21- L'ENFANT dans le PUITS

Pour TÉLÉCHARGER, voici l'URL de la vidéo :

https://youtu.be/kab8WAPPmbk




      •            En 1876, un fait prodigieux a été raconté par un témoin oculaire. Un enfant de cinq ans, enrôlé par ses parents chrétiens dans la Confrérie du Scapulaire, tomba d’une hauteur de deux mètres dans un puits qui avait trois mètres d’eau. Au lieu d’enfoncer, le petit enfant, sans le moindre trouble, appelle sa mère. Elle accourt avec effroi... quel spectacle ! L’enfant, couché sur l’eau, lui tend les bras, et malgré la distance, elle le saisit avec la plus grande facilité. Les spectateurs étonnés essaient à plusieurs reprises d’atteindre la surface de l’eau ; inutile à cette profondeur ! On crie au prodige, avec une reconnaissance d’autant plus grande, que ni le corps ni les habits de l’enfant n’avaient été mouillés.


        22- La PETITE MARGUERITE

        Pour TÉLÉCHARGER, voici l'URL de la vidéo :

        https://youtu.be/8wsR4nBLkMY


      •           Une petite fille de deux ans avait été subitement atteinte d’une faiblesse des deux jambes, qui lui rendait impossible de se tenir debout ; elle se traînait à terre lorsqu’elle voulait changer de place, l’usage même de deux béquilles lui était douloureux et difficile. Cet état durait depuis trois ans, quand les parents eurent la pieuse idée de vouer leur enfant à Notre-Dame du Mont-Carmel et de lui faire prendre le Scapulaire. Dès le lendemain, la petite Marguerite put marcher à l’aide d’une seule béquille, et le jour suivant, elle se mit à jouer et à courir avec les autres enfants, s’écriant qu’elle était guérie. Un ex-voto suspendu à l’autel de Marie atteste le miracle.

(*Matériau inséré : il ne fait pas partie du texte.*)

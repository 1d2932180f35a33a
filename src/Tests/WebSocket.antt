-- ===== src/Tests/WebSocket.antt =====
-- The WebSocket server (src/shared/websocket-server.ts) at concrete inputs.
use agentic_collab.Common.{
  ◌≡◌, ◌≢◌, refl, true, false, not, ◌&&◌, Option, some, List, [], ◌∷◌, ◌++◌, ◌≤◌, codes, Text,
  arith, length, map, any, bit_and-fifteen,
}
use agentic_collab.Shared.WebSocket.Frames.{Frame, parse_frame, byte_at, opcode_close, opcode_pong}
use agentic_collab.Shared.WebSocket.Reading.{mask_key, client_frame, client_length, masked}
use agentic_collab.Shared.WebSocket.RoundTrip.{meant, parse_frame-client_frame}
use agentic_collab.Shared.WebSocket.Server.{Client, include, ping_client, should_deliver}
use agentic_collab.Shared.WebSocket.Stream.{feed}
use agentic_collab.Shared.WebSocket.Sent.{Sent, bytes, wire, join, frame_of}
use agentic_collab.Shared.WebSocket.Draining.{handle_all}
use agentic_collab.Shared.WebSocket.Chunks.{feed-handle_all}
use agentic_collab.Shared.WebSocket.Clients.{Server, new_client, on_each, broadcast_filtered}
use agentic_collab.Shared.WebSocket.Broadcasts.{send_if, broadcast_filtered-send}
use agentic_collab.Shared.WebSocket.Pings.{is_heard, is_close, ping_client-handle_all}

-- Compression that does nothing, and the decoding of ASCII.
abbrev same : Text → Text
same t = t

abbrev inflated : Text → Option Text
inflated t = some t

abbrev hello : Sent
hello = record { first = 129; key = mask_key 1 2 3 4; payload = codes "hello" }

abbrev ping : Sent
ping = record { first = 137; key = mask_key 9 9 9 9; payload = [] }

parse_frame-client_frame_example :
    parse_frame (client_frame 129 (mask_key 1 2 3 4) (codes "hello") ++ codes "xyz")
    ≡ some
        (meant 129 (codes "hello") (length (client_frame 129 (mask_key 1 2 3 4) (codes "hello"))))
parse_frame-client_frame_example =
    parse_frame-client_frame 129 (mask_key 1 2 3 4) (codes "hello") (codes "xyz") refl (omega arith)

-- The two frames in three chunks, none of which ends where a frame ends.
abbrev chunks : List Text
chunks =
    (129 ∷ 133 ∷ 1 ∷ [])
    ∷ (2 ∷ 3 ∷ 4 ∷ 105 ∷ 103 ∷ 111 ∷ 104 ∷ 110 ∷ 137 ∷ [])
    ∷ (128 ∷ 9 ∷ 9 ∷ 9 ∷ 9 ∷ [])
    ∷ []

chunks-wire : join chunks ≡ wire (hello ∷ ping ∷ [])
unfolding join wire client_frame client_length masked byte_at
chunks-wire = refl

hello_size : length (bytes hello) ≤ 100
unfolding client_frame client_length masked byte_at
hello_size = omega arith

ping_size : length (bytes ping) ≤ 100
unfolding client_frame client_length masked byte_at
ping_size = omega arith

hello_open : (frame_of hello).opcode ≢ opcode_close
hello_open = ground (arith, bit_and-fifteen 129)

ping_open : (frame_of ping).opcode ≢ opcode_close
ping_open = ground (arith, bit_and-fifteen 137)

feed-handle_all_example :
    feed inflated same chunks (new_client 0 false)
    ≡ handle_all inflated same (map frame_of (hello ∷ ping ∷ [])) (new_client 0 false)
feed-handle_all_example =
    feed-handle_all inflated same 100 chunks (hello ∷ ping ∷ []) (new_client 0 false)
      ((refl, omega arith, hello_size, hello_open), ((refl, omega arith, ping_size, ping_open), tt))
      (omega arith, (omega arith, (omega arith, tt))) chunks-wire refl refl

abbrev focused : Client
focused = record (new_client 1 true) {
  subscription = record { mode = include; agents = "bob" ∷ [] };
}

abbrev two_clients : Server
two_clients = record {
  clients = new_client 0 false ∷ focused ∷ [];
  next_id = 2;
  pinging = true;
  log = [];
}

broadcast_filtered-send_example :
    broadcast_filtered same (codes "{}") (some "eve") two_clients
    ≡ on_each (send_if same (λ c. should_deliver c (some "eve")) (codes "{}")) two_clients
broadcast_filtered-send_example = broadcast_filtered-send same (codes "{}") (some "eve") two_clients

abbrev pong : Frame
pong = record { opcode = opcode_pong; payload = []; total_length = 6; compressed = false }

ping_client-handle_all_example :
    (ping_client (handle_all inflated same (pong ∷ []) (ping_client focused).0).0).0.listed ≡ (
      ((focused.listed && focused.alive) && not (any is_close (pong ∷ [])))
      && any is_heard (pong ∷ []))
ping_client-handle_all_example = ping_client-handle_all inflated same (pong ∷ []) focused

        23- NÉGLIGENCE des PARENTS

        Pour TÉLÉCHARGER, voici l'URL de la vidéo :

        https://youtu.be/inS8rbccynQ

      •           Une autre enfant de quatre ans, fille d'un négociant de Toulon, avait été guérie aussitôt que ses parents avaient promis de la faire inscrire dans la Confrérie du Saint-Scapulaire. Mais ils négligèrent d'accomplir leur vœu, et sept ans après leur fille fut atteinte d'une maladie plus grave et bientôt condamnée par plusieurs médecins. Alors se souvenant de la promesse, ses parents firent prendre à la malade la Livrée de Marie, et l'enfant recouvra une seconde fois la santé. Elle se rendit avec sa famille à la chapelle de la Confrérie pour y offrir un tableau en hommage de reconnaissance à la Très Sainte Vierge.

                       
        24- Aux MÈRES CHRÉTIENNES

        Pour TÉLÉCHARGER, voici l'URL de la vidéo :

        https://youtu.be/iOXddLjnh90


           Si le but de cette brochure le permettait, combien d'exemples nous aurions à citer relatifs à l'heureuse naissance des petites enfants consacrés par une mère chrétienne à la Sainte Vierge ? Chaque famille connaît ces pieuses histoires... nous osons conjurer les mères vraiment désireuses du salut temporel et spirituel de leurs enfants, de prévenir leur entrée en ce monde par la promesse de les vouer à Notre-Dame du Scapulaire, et de leur en faire porter les Livrées.

 
« Tous considèrent cet habit (du Scapulaire)
comme le témoignage de cette consécration au très saint Cœur de la Vierge Immaculée,
que nous recommandions récemment encore. »

(Pie XII, lettre du 11 février 1950)



  TROIS CONSÉCRATIONS

au CŒUR-IMMACULÉ  de MARIE

(de soi-même, de la famille & d'un enfant)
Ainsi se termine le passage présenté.